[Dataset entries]
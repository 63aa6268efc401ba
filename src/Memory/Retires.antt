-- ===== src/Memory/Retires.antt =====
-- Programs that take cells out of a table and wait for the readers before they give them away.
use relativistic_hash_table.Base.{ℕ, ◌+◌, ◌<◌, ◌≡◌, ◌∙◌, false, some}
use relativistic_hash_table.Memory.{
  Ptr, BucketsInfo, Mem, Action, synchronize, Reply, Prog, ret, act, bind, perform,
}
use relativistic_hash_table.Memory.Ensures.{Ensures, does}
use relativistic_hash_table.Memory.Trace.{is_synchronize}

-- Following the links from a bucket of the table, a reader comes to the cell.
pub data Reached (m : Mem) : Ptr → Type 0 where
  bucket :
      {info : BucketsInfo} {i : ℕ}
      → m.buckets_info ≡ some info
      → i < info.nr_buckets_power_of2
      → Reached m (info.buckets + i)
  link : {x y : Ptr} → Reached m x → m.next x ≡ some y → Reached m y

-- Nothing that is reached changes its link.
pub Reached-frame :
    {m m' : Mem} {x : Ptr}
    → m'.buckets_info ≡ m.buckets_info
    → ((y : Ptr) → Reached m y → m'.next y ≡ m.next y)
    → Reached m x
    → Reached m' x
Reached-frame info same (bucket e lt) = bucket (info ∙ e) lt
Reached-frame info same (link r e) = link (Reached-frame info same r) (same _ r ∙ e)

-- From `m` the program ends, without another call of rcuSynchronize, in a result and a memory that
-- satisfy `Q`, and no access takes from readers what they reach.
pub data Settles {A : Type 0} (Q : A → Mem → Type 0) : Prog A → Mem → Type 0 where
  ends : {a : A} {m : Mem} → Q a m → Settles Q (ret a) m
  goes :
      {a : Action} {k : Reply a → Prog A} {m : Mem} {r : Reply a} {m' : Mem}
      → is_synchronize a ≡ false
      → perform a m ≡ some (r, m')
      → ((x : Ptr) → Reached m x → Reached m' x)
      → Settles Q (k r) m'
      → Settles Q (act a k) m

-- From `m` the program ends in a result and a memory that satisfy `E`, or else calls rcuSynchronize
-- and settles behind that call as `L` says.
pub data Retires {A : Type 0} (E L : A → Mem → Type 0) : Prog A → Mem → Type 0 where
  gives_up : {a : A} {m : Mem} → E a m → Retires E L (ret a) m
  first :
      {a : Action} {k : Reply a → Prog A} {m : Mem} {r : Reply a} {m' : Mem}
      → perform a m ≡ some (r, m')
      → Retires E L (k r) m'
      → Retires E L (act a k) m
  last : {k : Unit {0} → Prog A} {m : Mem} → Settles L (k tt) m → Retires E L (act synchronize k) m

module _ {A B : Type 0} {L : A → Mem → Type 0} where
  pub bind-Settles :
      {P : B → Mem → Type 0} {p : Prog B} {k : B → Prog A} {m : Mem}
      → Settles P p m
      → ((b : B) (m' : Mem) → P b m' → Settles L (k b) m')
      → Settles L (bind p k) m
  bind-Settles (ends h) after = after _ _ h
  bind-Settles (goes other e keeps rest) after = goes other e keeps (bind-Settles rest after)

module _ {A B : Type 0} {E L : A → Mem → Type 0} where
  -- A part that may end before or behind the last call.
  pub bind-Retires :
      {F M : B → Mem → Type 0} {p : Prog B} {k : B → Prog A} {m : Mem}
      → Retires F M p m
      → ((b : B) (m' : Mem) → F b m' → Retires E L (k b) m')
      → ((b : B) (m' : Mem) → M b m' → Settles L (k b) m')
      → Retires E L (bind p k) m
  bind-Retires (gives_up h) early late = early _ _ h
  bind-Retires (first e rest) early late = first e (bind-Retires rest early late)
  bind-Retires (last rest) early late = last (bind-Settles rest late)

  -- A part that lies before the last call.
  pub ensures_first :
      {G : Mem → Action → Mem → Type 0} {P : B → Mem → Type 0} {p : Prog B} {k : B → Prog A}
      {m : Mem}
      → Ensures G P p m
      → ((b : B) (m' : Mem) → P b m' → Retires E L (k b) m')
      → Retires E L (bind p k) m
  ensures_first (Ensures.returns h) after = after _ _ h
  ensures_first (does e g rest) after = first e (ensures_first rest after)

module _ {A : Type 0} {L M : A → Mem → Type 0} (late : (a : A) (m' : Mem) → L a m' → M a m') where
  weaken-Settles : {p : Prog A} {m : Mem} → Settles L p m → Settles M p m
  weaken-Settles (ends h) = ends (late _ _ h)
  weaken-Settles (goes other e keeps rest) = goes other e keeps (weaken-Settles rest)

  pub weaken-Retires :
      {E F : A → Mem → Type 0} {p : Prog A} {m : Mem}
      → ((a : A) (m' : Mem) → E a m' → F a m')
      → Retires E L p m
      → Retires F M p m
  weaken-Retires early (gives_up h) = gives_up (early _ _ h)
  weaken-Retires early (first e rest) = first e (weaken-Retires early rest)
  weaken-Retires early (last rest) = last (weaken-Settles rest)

→ Task goal:
If a line of the entries contains the string "module", it counts; report how many such lines there are, as a bare number.

→ Response:
3